As we have been saying for a long time, ‘DATCA lite’ (FATCA IGA reciprocity) has the potential to be financially destabilizing. It, along with GATCA, was birthed from FATCA. DATCA and GATCA are the direct progeny of the 2010 Hire Act. Given the stealth nature of the FATCA amendment, is very hard to make a case that this was the intention of Congress, but it is now the ‘Rosemary’s Baby‘ reality that we are dealing with.
See this new article by Alex Newman.
Obama Tax Scheme Could Destabilize Banks, Spark Economic Crisis
A crucial component of the widely criticized new addition to the U.S. tax regime known as FATCA, passed by Democrats and signed by Obama in 2010 as part of a “jobs” bill, could result in massive capital flight from American banks and economic devastation if efforts to stop it are unsuccessful, experts and policymakers are warning. With the U.S. economy still teetering, some analysts are even suggesting that allegedly unlawful IRS mandates purporting to force American financial institutions to report foreign account holders to their governments could be the straw that breaks the proverbial camel’s back.
For a complete history of DATCA evolution and its opposition in Congress, read more here.
Of important note, is this addition I just made. It is the analysis from 2004 which merits your attention.
Mercatus Center at George Mason University
Treasury had tried before FATCA IGAs (going back to 2002) to impose a DATCA regime, but didn’t happen until it had an Administration in power to its liking. I didn’t realize this history, until this pdf analysis was sent to me recently. It just goes to show, that bad ideas have a long gestation period, and vigilance against them can NEVER be relaxed.
UBS offshore Tax evasion scandal and the birth of FATCA obviously (at least to me) were the “Shock Doctrine” moments that gave the Treasury its opportunity again, to impose DATCA lite unilaterally by their interpretation of ‘regulatory authority’ without regard to the will of Congress.

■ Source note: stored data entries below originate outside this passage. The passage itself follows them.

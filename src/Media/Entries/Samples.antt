-- ===== src/Media/Entries/Samples.antt =====
-- The theorems on concrete attachments, and tests.
use memos_note.Common.{Text, codes, ◌≡◌, refl, true, false, none, some, List, [], ◌∷◌, map}
use memos_note.Api.{apple_live_photo, MotionMediaRole, still, video, Attachment}
use memos_note.Editor.State.{LocalFile}
use memos_note.Media.Entries.{
  after, time_part, recording_time, time_label, get_audio_recording_time_label, file_to_item,
  add_file, files_by_group, group_to_items, grouped_items, to_local_motion_items, is_visual,
  to_attachment_items,
}
use memos_note.Media.Items.{push_to}
use memos_note.Media.Types.{
  is_image, get_attachment_type, get_attachment_motion_group_id, still_media, video_media,
}
use memos_note.Media.Entries.Laws.{lists, to_attachment_items-lists, to_attachment_items-psd}

abbrev attached : Text → Text → Attachment
attached name type = record {
  name = name;
  create_time = none;
  filename = codes "f";
  content = [];
  external_link = [];
  type = type;
  size = 1;
  memo = none;
  motion_media = none;
}

abbrev two_files : List Attachment
two_files =
    attached (codes "a") (codes "image/png") ∷ attached (codes "b") (codes "audio/midi") ∷ []

to_attachment_items-lists_example :
    lists (to_attachment_items (codes "o") two_files []) (codes "b") ≡ true
unfolding is_visual get_attachment_type is_image get_attachment_motion_group_id
to_attachment_items-lists_example =
    to_attachment_items-lists (codes "o") two_files [] (codes "b") refl refl refl

to_attachment_items-psd_example :
    let sheet = attached (codes "b") (codes "text/csv") in
    to_attachment_items
      (codes "o")
      (sheet ∷ attached (codes "a") (codes "image/x-photoshop") ∷ [])
      []
    ≡ to_attachment_items (codes "o") (sheet ∷ []) []
to_attachment_items-psd_example =
    to_attachment_items-psd (codes "o") (attached (codes "b") (codes "text/csv") ∷ []) []
      (attached (codes "a") (codes "image/x-photoshop")) [] refl refl

label_test :
    get_audio_recording_time_label (codes "Voice-Note-20240102-1234567.webm")
    ≡ some (codes "12:34:56")
unfolding recording_time time_part after time_label
label_test = refl

no_label_test : get_audio_recording_time_label (codes "audio-recording-20240102-12345") ≡ none
unfolding recording_time time_part after time_label
no_label_test = refl

abbrev local_part : Text → MotionMediaRole → LocalFile
local_part url role = record {
  file_name = codes "f";
  file_type = codes "image/heic";
  file_size = 2;
  file_content = 0;
  preview_url = url;
  is_audio_recording = false;
  duration_seconds = none;
  motion_media = some (record {
    family = apple_live_photo;
    role = role;
    group_id = codes "g";
    presentation_timestamp_us = 0;
    has_embedded_video = false;
  });
}

local_test :
    map
      (λ i. i.member_ids)
      (to_local_motion_items (local_part (codes "u") video ∷ local_part (codes "v") still ∷ []))
    ≡ (codes "v" ∷ codes "u" ∷ []) ∷ []
unfolding to_local_motion_items grouped_items files_by_group add_file push_to group_to_items
    file_to_item still_media video_media
local_test = refl
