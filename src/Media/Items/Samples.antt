-- ===== src/Media/Items/Samples.antt =====
-- The theorems on concrete attachments, and tests.
use memos_note.Common.{codes, ◌≡◌, refl, true, false, Option, none, some, List, [], ◌∷◌, map}
use memos_note.Api.{apple_live_photo, MotionMediaRole, still, video, MotionMedia, Attachment}
use memos_note.Media.Items.{
  push_to, add_to_groups, attachments_by_group, get_group, dedupe_visual_items,
  build_single_attachment_item, build_apple_motion_item, group_items, visit_grouped, visit,
  visit_all, build_attachment_visual_items, count_logical_attachment_items,
}
use memos_note.Media.Items.Complete.{distinct, build_attachment_visual_items-shows}
use memos_note.Media.Types.{
  includes, is_image, is_midi_file, get_attachment_type, get_attachment_motion_group_id,
  still_media, video_media, container_media,
}
use memos_note.Media.Items.Shown.{shows}

abbrev blank : Attachment
blank = record {
  name = [];
  create_time = none;
  filename = codes "f";
  content = [];
  external_link = [];
  type = codes "image/png";
  size = 1;
  memo = none;
  motion_media = none;
}

abbrev part : MotionMediaRole → Option MotionMedia
part role = some (record {
  family = apple_live_photo;
  role = role;
  group_id = codes "g";
  presentation_timestamp_us = 0;
  has_embedded_video = false;
})

abbrev three_files : List Attachment
three_files =
    record blank { name = codes "a"; motion_media = part still }
    ∷ record blank { name = codes "b" }
    ∷ record blank { name = codes "c"; type = codes "video/mp4"; motion_media = part video }
    ∷ []

ids_test :
    map (λ i. i.id) (build_attachment_visual_items (codes "o") three_files)
    ≡ codes "g" ∷ codes "b" ∷ []
unfolding build_attachment_visual_items visit_all visit visit_grouped attachments_by_group
    add_to_groups push_to get_attachment_motion_group_id dedupe_visual_items
    build_single_attachment_item get_group group_items build_apple_motion_item still_media
    video_media container_media
ids_test = refl

build_attachment_visual_items-shows_example :
    let items = build_attachment_visual_items (codes "o") three_files in
    (shows items (codes "c") ≡ true) × (distinct (map (λ i. i.id) items) ≡ true)
unfolding get_attachment_motion_group_id
build_attachment_visual_items-shows_example =
    build_attachment_visual_items-shows (codes "o") three_files (codes "c") refl refl

count_test : count_logical_attachment_items (codes "o") three_files ≡ 2
unfolding count_logical_attachment_items build_attachment_visual_items visit_all visit visit_grouped
    attachments_by_group add_to_groups push_to get_attachment_motion_group_id dedupe_visual_items
    build_single_attachment_item get_group group_items build_apple_motion_item still_media
    video_media container_media get_attachment_type is_image is_midi_file includes
count_test = refl
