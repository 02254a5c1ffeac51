-- ===== src/Memos.antt =====
-- Memos as the client keeps them: the lists that were fetched, and their order.
pub mod Queries
pub mod Sorting
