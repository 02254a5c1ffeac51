-- ===== src/Memos/Queries.antt =====
-- What the client does to the lists of memos that it has fetched: `patchMemoListQueryData` and
-- `findMemoInQueryData` of web/src/hooks/useMemoQueries.ts, on data of either shape. A patch has
-- `none` where it does not name a field.
pub mod Laws
mod Samples
use memos_note.Common.{
  if◌then◌else◌, get_or_else, or_else, find, map_option, Text, text_eq, Bool, true, false, ◌||◌,
  Option, none, some, List, [], ◌∷◌,
}
use memos_note.Api.{
  Timestamp, State, Visibility, Attachment, MemoRelation, Reaction, Location, Property, Memo,
}

pub record ListMemosResponse : Type 0 where
  pub memos : List Memo
  pub next_page_token : Text

-- `ListMemosResponse | InfiniteData<ListMemosResponse>`, or data of another query.
pub data QueryData : Type 0 where
  memo_list : ListMemosResponse → QueryData
  infinite : List ListMemosResponse → QueryData
  other : QueryData

-- `Partial<Memo> & Pick<Memo, "name">`
pub record MemoPatch : Type 0 where
  pub name : Text
  pub state : Option State
  pub creator : Option Text
  pub create_time : Option (Option Timestamp)
  pub update_time : Option (Option Timestamp)
  pub content : Option Text
  pub visibility : Option Visibility
  pub tags : Option (List Text)
  pub pinned : Option Bool
  pub attachments : Option (List Attachment)
  pub relations : Option (List MemoRelation)
  pub reactions : Option (List Reaction)
  pub property : Option (Option Property)
  pub parent : Option (Option Text)
  pub snippet : Option Text
  pub location : Option (Option Location)

-- A memo given as a patch: a time, a property, a parent or a location that is unset is no key of it.
unfoldable pub whole : Memo → MemoPatch
whole memo = record {
  name = memo.name;
  state = some memo.state;
  creator = some memo.creator;
  create_time = map_option some memo.create_time;
  update_time = map_option some memo.update_time;
  content = some memo.content;
  visibility = some memo.visibility;
  tags = some memo.tags;
  pinned = some memo.pinned;
  attachments = some memo.attachments;
  relations = some memo.relations;
  reactions = some memo.reactions;
  property = map_option some memo.property;
  parent = map_option some memo.parent;
  snippet = some memo.snippet;
  location = map_option some memo.location;
}

-- `{ ...memo, ...update }`
unfoldable pub merge : Memo → MemoPatch → Memo
merge memo update = record {
  name = update.name;
  state = get_or_else update.state memo.state;
  creator = get_or_else update.creator memo.creator;
  create_time = get_or_else update.create_time memo.create_time;
  update_time = get_or_else update.update_time memo.update_time;
  content = get_or_else update.content memo.content;
  visibility = get_or_else update.visibility memo.visibility;
  tags = get_or_else update.tags memo.tags;
  pinned = get_or_else update.pinned memo.pinned;
  attachments = get_or_else update.attachments memo.attachments;
  relations = get_or_else update.relations memo.relations;
  reactions = get_or_else update.reactions memo.reactions;
  property = get_or_else update.property memo.property;
  parent = get_or_else update.parent memo.parent;
  snippet = get_or_else update.snippet memo.snippet;
  location = get_or_else update.location memo.location;
}

-- The memos after a patch, and whether one of them was patched.
unfoldable pub patch_memos : MemoPatch → List Memo → List Memo × Bool
patch_memos update [] = ([], false)
patch_memos update (memo ∷ memos) =
    let (rest, changed) = patch_memos update memos in
    if text_eq memo.name update.name
    then (merge memo update ∷ rest, true)
    else (memo ∷ rest, changed)

-- The response, and whether it is another object than before.
unfoldable pub patch_memo_list_response : MemoPatch → ListMemosResponse → ListMemosResponse × Bool
patch_memo_list_response update response =
    let (memos, changed) = patch_memos update response.memos in
    if changed then (record response { memos = memos }, true) else (response, false)

unfoldable pub patch_pages : MemoPatch → List ListMemosResponse → List ListMemosResponse × Bool
patch_pages update [] = ([], false)
patch_pages update (page ∷ pages) =
    let (patched_page, page_changed) = patch_memo_list_response update page in
    let (rest, changed) = patch_pages update pages in (patched_page ∷ rest, page_changed || changed)

unfoldable pub patch_memo_list_query_data : Option QueryData → MemoPatch → Option QueryData
patch_memo_list_query_data none update = none
patch_memo_list_query_data (some (memo_list response)) update =
    some (memo_list (patch_memo_list_response update response).0)
patch_memo_list_query_data (some (infinite pages)) update =
    let (patched, changed) = patch_pages update pages in
    some (infinite (if changed then patched else pages))
patch_memo_list_query_data (some other) update = some other

unfoldable pub find_memo_in_list_response : ListMemosResponse → Text → Option Memo
find_memo_in_list_response response name = find (λ memo. text_eq memo.name name) response.memos

unfoldable pub find_memo_in_pages : List ListMemosResponse → Text → Option Memo
find_memo_in_pages [] name = none
find_memo_in_pages (page ∷ pages) name =
    or_else (find_memo_in_list_response page name) (find_memo_in_pages pages name)

unfoldable pub find_memo_in_query_data : Option QueryData → Text → Option Memo
find_memo_in_query_data none name = none
find_memo_in_query_data (some (memo_list response)) name = find_memo_in_list_response response name
find_memo_in_query_data (some (infinite pages)) name = find_memo_in_pages pages name
find_memo_in_query_data (some other) name = none
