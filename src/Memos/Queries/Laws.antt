-- ===== src/Memos/Queries/Laws.antt =====
-- Patching and finding, and patching back.
use memos_note.Common.{
  if◌then◌else◌, Bool-cases, get_or_else, or_else, find, All, map_option, Text, text_eq,
  text_eq_sound, ◌≡◌, refl, sym, ap, ap₂, ◌∙◌, inl, inr, Bool, true, false, ◌||◌, Option, none,
  some, List, [], ◌∷◌, map,
}
use memos_note.Api.{Memo}
use memos_note.Memos.Queries.{
  ListMemosResponse, QueryData, memo_list, infinite, other, MemoPatch, whole, merge, patch_memos,
  patch_memo_list_response, patch_pages, patch_memo_list_query_data, find_memo_in_list_response,
  find_memo_in_pages, find_memo_in_query_data,
}

-- What a patch makes of one memo.
abbrev pub patched : MemoPatch → Memo → Memo
patched update memo = if text_eq memo.name update.name then merge memo update else memo

unchanged {ℓ} :
    {A : Type ℓ} (b : Bool) (x y : A) (c : Bool)
    → (if◌then◌else◌ {A = A × Bool} b (x, true) (y, c)).1 ≡ false
    → (b ≡ false) × (c ≡ false)
unchanged true x y c h = cc
unchanged false x y c h = (refl, h)

neither : (b c : Bool) → (b || c) ≡ false → (b ≡ false) × (c ≡ false)
neither true c h = cc
neither false c h = (refl, h)

patch_memos-map :
    (update : MemoPatch) (ms : List Memo) → (patch_memos update ms).0 ≡ map (patched update) ms
unfolding patch_memos
patch_memos-map update [] = refl
patch_memos-map update (m ∷ ms) = elim (Bool-cases (text_eq m.name update.name)) [
  | inl h ↦ rw h (ap (λ r. merge m update ∷ r) (patch_memos-map update ms))
  | inr h ↦ rw h (ap (λ r. m ∷ r) (patch_memos-map update ms))
]

patch_memos-same :
    (update : MemoPatch) (ms : List Memo)
    → (patch_memos update ms).1 ≡ false
    → (patch_memos update ms).0 ≡ ms
unfolding patch_memos
patch_memos-same update [] h = refl
patch_memos-same update (m ∷ ms) h =
    let (kept, same) = unchanged (text_eq m.name update.name) _ _ _ h in
    rw kept (ap (λ r. m ∷ r) (patch_memos-same update ms same))

-- A response with every memo replaced.
abbrev pub with_memos : (Memo → Memo) → ListMemosResponse → ListMemosResponse
with_memos f r = record r { memos = map f r.memos }

response-patched :
    (update : MemoPatch) (r : ListMemosResponse)
    → (patch_memo_list_response update r).0 ≡ with_memos (patched update) r
unfolding patch_memo_list_response
response-patched update r = elim (Bool-cases (patch_memos update r.memos).1) [
  | inl h ↦ rw h (ap (λ ms. record r { memos = ms }) (patch_memos-map update r.memos))
  | inr h ↦ rw h (
      ap (λ ms. record r { memos = ms })
        (sym (patch_memos-same update r.memos h) ∙ patch_memos-map update r.memos))
]

response-same :
    (update : MemoPatch) (r : ListMemosResponse)
    → (patch_memo_list_response update r).1 ≡ false
    → (patch_memo_list_response update r).0 ≡ r
unfolding patch_memo_list_response
response-same update r h = rw (unchanged (patch_memos update r.memos).1 _ _ _ h).0 refl

pages-patched :
    (update : MemoPatch) (rs : List ListMemosResponse)
    → (patch_pages update rs).0 ≡ map (with_memos (patched update)) rs
unfolding patch_pages
pages-patched update [] = refl
pages-patched update (r ∷ rs) =
    ap₂ (λ x xs. x ∷ xs) (response-patched update r) (pages-patched update rs)

pages-same :
    (update : MemoPatch) (rs : List ListMemosResponse)
    → (patch_pages update rs).1 ≡ false
    → (patch_pages update rs).0 ≡ rs
unfolding patch_pages
pages-same update [] h = refl
pages-same update (r ∷ rs) h =
    ap₂ (λ x xs. x ∷ xs) (response-same update r (neither _ _ h).0)
      (pages-same update rs (neither _ _ h).1)

-- Data with every memo replaced.
abbrev pub with_each : (Memo → Memo) → QueryData → QueryData
with_each f (memo_list response) = memo_list (with_memos f response)
with_each f (infinite pages) = infinite (map (with_memos f) pages)
with_each f other = other

data-patched :
    (update : MemoPatch) (data' : QueryData)
    → patch_memo_list_query_data (some data') update ≡ some (with_each (patched update) data')
unfolding patch_memo_list_query_data
data-patched update (memo_list r) = ap (λ x. some (memo_list x)) (response-patched update r)
data-patched update other = refl
data-patched update (infinite pages) = elim (Bool-cases (patch_pages update pages).1) [
  | inl h ↦ rw h (ap (λ x. some (infinite x)) (pages-patched update pages))
  | inr h ↦
      rw h
        (ap (λ x. some (infinite x)) (sym (pages-same update pages h) ∙ pages-patched update pages))
]

patched-name :
    (update : MemoPatch) (m : Memo) (name : Text)
    → text_eq (patched update m).name name ≡ text_eq m.name name
unfolding merge
patched-name update m name = elim (Bool-cases (text_eq m.name update.name)) [
  | inl h ↦ rw h (ap (λ n. text_eq n name) (sym (text_eq_sound m.name update.name h)))
  | inr h ↦ rw h refl
]

find-map {ℓ} :
    {A : Type ℓ} (p : A → Bool) (f : A → A)
    → ((x : A) → p (f x) ≡ p x)
    → (xs : List A) → find p (map f xs) ≡ map_option f (find p xs)
find-map p f h [] = refl
find-map p f h (x ∷ xs) = elim (Bool-cases (p x)) [
  | inl e ↦ rw (h x) (rw e refl)
  | inr e ↦ rw (h x) (rw e (find-map p f h xs))
]

or_else-map_option {ℓ} :
    {A : Type ℓ} (f : A → A) (a b : Option A)
    → or_else (map_option f a) (map_option f b) ≡ map_option f (or_else a b)
or_else-map_option f none b = refl
or_else-map_option f (some x) b = refl

find_in_pages-with_memos :
    (update : MemoPatch) (name : Text) (rs : List ListMemosResponse)
    → find_memo_in_pages (map (with_memos (patched update)) rs) name
      ≡ map_option (patched update) (find_memo_in_pages rs name)
unfolding find_memo_in_pages find_memo_in_list_response
find_in_pages-with_memos update name [] = refl
find_in_pages-with_memos update name (r ∷ rs) =
    ap₂ or_else
      (find-map (λ m. text_eq m.name name) (patched update) (λ m. patched-name update m name)
        r.memos)
      (find_in_pages-with_memos update name rs)
    ∙ or_else-map_option (patched update) _ _

-- In data of either shape, what is found under a name after a patch is what was found before, with
-- the fields of the patch if the name is the patch's, and untouched otherwise.
pub find-patch_memo_list_query_data :
    (update : MemoPatch) (data' : Option QueryData) (name : Text)
    → find_memo_in_query_data (patch_memo_list_query_data data' update) name
      ≡ map_option (patched update) (find_memo_in_query_data data' name)
unfolding find_memo_in_query_data find_memo_in_list_response patch_memo_list_query_data
find-patch_memo_list_query_data update none name = refl
find-patch_memo_list_query_data update (some d) name =
    ap (λ o. find_memo_in_query_data o name) (data-patched update d) ∙ found d
  where
    found :
        (d : QueryData)
        → find_memo_in_query_data (some (with_each (patched update) d)) name
          ≡ map_option (patched update) (find_memo_in_query_data (some d) name)
    found (memo_list r) =
        find-map (λ m. text_eq m.name name) (patched update) (λ m. patched-name update m name)
          r.memos
    found (infinite pages) = find_in_pages-with_memos update name pages
    found other = refl

-- Of a memo that has the name of another: it is that other.
abbrev pub IsCopyOf : Memo → Memo → Type 0
IsCopyOf previous m = (if text_eq m.name previous.name then m else previous) ≡ previous

-- What is left of a memo when a patch of it is taken back: a field that was unset keeps the patch's.
abbrev pub left_after : MemoPatch → Memo → Memo
left_after update previous = record previous {
  create_time = or_else previous.create_time (get_or_else update.create_time none);
  update_time = or_else previous.update_time (get_or_else update.update_time none);
  property = or_else previous.property (get_or_else update.property none);
  parent = or_else previous.parent (get_or_else update.parent none);
  location = or_else previous.location (get_or_else update.location none);
}

unset_kept {ℓ} :
    {A : Type ℓ} (old : Option A) (new : Option (Option A))
    → get_or_else (map_option some old) (get_or_else new old) ≡ or_else old (get_or_else new none)
unset_kept none new = refl
unset_kept (some x) new = refl

merge-back :
    (update : MemoPatch) (previous : Memo)
    → merge (merge previous update) (whole previous) ≡ left_after update previous
unfolding merge whole
merge-back update previous = rw (unset_kept previous.create_time update.create_time) (
    rw (unset_kept previous.update_time update.update_time) (
      rw (unset_kept previous.property update.property) (
        rw (unset_kept previous.parent update.parent)
          (rw (unset_kept previous.location update.location) refl))))

-- A memo after the patch and the roll-back.
abbrev pub rolled_back : MemoPatch → Memo → Memo → Memo
rolled_back update previous m =
    if text_eq m.name previous.name then left_after update previous else m

patched_back :
    (update : MemoPatch) (previous m : Memo)
    → update.name ≡ previous.name
    → IsCopyOf previous m
    → patched (whole previous) (patched update m) ≡ rolled_back update previous m
unfolding whole
patched_back update previous m h k =
    let x = patched update m in
    let named = patched-name update m previous.name in
    let here = ap (text_eq m.name) h in
    elim (Bool-cases (text_eq m.name previous.name)) [
      | inl e ↦
          let m-previous : m ≡ previous = ap (λ b. if b then m else previous) (sym e) ∙ k in
          ap (λ b. if b then merge x (whole previous) else x) (named ∙ e)
          ∙ (ap (λ b. merge (if b then merge m update else m) (whole previous)) (here ∙ e)
              ∙ (ap (λ n. merge (merge n update) (whole previous)) m-previous
                  ∙ (merge-back update previous
                      ∙ ap (λ b. if b then left_after update previous else m) (sym e))))
      | inr e ↦
          ap (λ b. if b then merge x (whole previous) else x) (named ∙ e)
          ∙ (ap (λ b. if b then merge m update else m) (here ∙ e)
              ∙ ap (λ b. if b then left_after update previous else m) (sym e))
    ]

map-map {ℓ κ} :
    {A : Type ℓ} (P : A → Type κ) (f g k : A → A)
    → ((x : A) → P x → g (f x) ≡ k x)
    → (xs : List A) → All P xs
    → map g (map f xs) ≡ map k xs
map-map P f g k h [] _ = refl
map-map P f g k h (x ∷ xs) (p, ps) = ap₂ (λ y ys. y ∷ ys) (h x p) (map-map P f g k h xs ps)

-- The copies of a memo in some data.
abbrev pub AllCopies : Memo → QueryData → Type 0
AllCopies previous (memo_list r) = All (IsCopyOf previous) r.memos
AllCopies previous (infinite pages) = All (λ r. All (IsCopyOf previous) r.memos) pages
AllCopies previous other = Unit

-- An optimistic patch of a memo is taken back by patching with the memo from before, of which every
-- memo of that name in the data was a copy: the memos of that name are then as before, but for a
-- time, a property, a parent or a location that was unset and that the patch has set, which stays;
-- all other memos are as they were.
pub patch_memo_list_query_data-back :
    (update : MemoPatch) (previous : Memo) (d : QueryData)
    → update.name ≡ previous.name
    → AllCopies previous d
    → patch_memo_list_query_data (patch_memo_list_query_data (some d) update) (whole previous)
      ≡ some (with_each (rolled_back update previous) d)
patch_memo_list_query_data-back update previous d h k =
    ap (λ o. patch_memo_list_query_data o (whole previous)) (data-patched update d)
    ∙ (data-patched (whole previous) (with_each (patched update) d) ∙ ap some (back d k))
  where
    in_list :
        (ms : List Memo)
        → All (IsCopyOf previous) ms
        → map (patched (whole previous)) (map (patched update) ms)
          ≡ map (rolled_back update previous) ms
    in_list =
        map-map (IsCopyOf previous) (patched update) (patched (whole previous))
          (rolled_back update previous) (λ m c. patched_back update previous m h c)

    back :
        (d : QueryData)
        → AllCopies previous d
        → with_each (patched (whole previous)) (with_each (patched update) d)
          ≡ with_each (rolled_back update previous) d
    back (memo_list r) k = ap (λ ms. memo_list (record r { memos = ms })) (in_list r.memos k)
    back (infinite pages) k = ap infinite (
        map-map (λ r. All (IsCopyOf previous) r.memos) (with_memos (patched update))
          (with_memos (patched (whole previous))) (with_memos (rolled_back update previous))
          (λ r c. ap (λ ms. record r { memos = ms }) (in_list r.memos c)) pages k)
    back other k = refl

One of the criticisms lodged against using Federal Register page counts as a proxy for regulatory burden holds that many pages can be consumed in the process of deregulation, while only a handful of pages may be required to impose a particularly costly rule. The latter instance is clearly illustrated by the IRS’s proposed rule to require the reporting of deposit interest paid to nonresident alien (NRA) depositors of U.S. depositories. I hold this conclusion despite the IRS’s unsupported assertion in the scant (4 page) documentation of its proposed rule that the “proposed rulemaking is not a significant regulatory action as defined in Executive Order 12866.” (p. 50387).
Although proposed in 2002, and the comment period has long since passed, the NRA deposit interest reporting rule has not been finalized; however, the possibility that it may be implemented provides the motivation for this study. The analysis that follows confines itself to the likely economic consequences of the rule, and leaves the legal and political analysis of the rule to others.2 For ease of exposition, I summarize my analysis of the rule’s potential economic effects into primary effects, secondary effects, and other likely consequences.
I will update my timeline of DATCA to include this as an earlier start date, as my start date only begins at my moment of awareness of what was happening.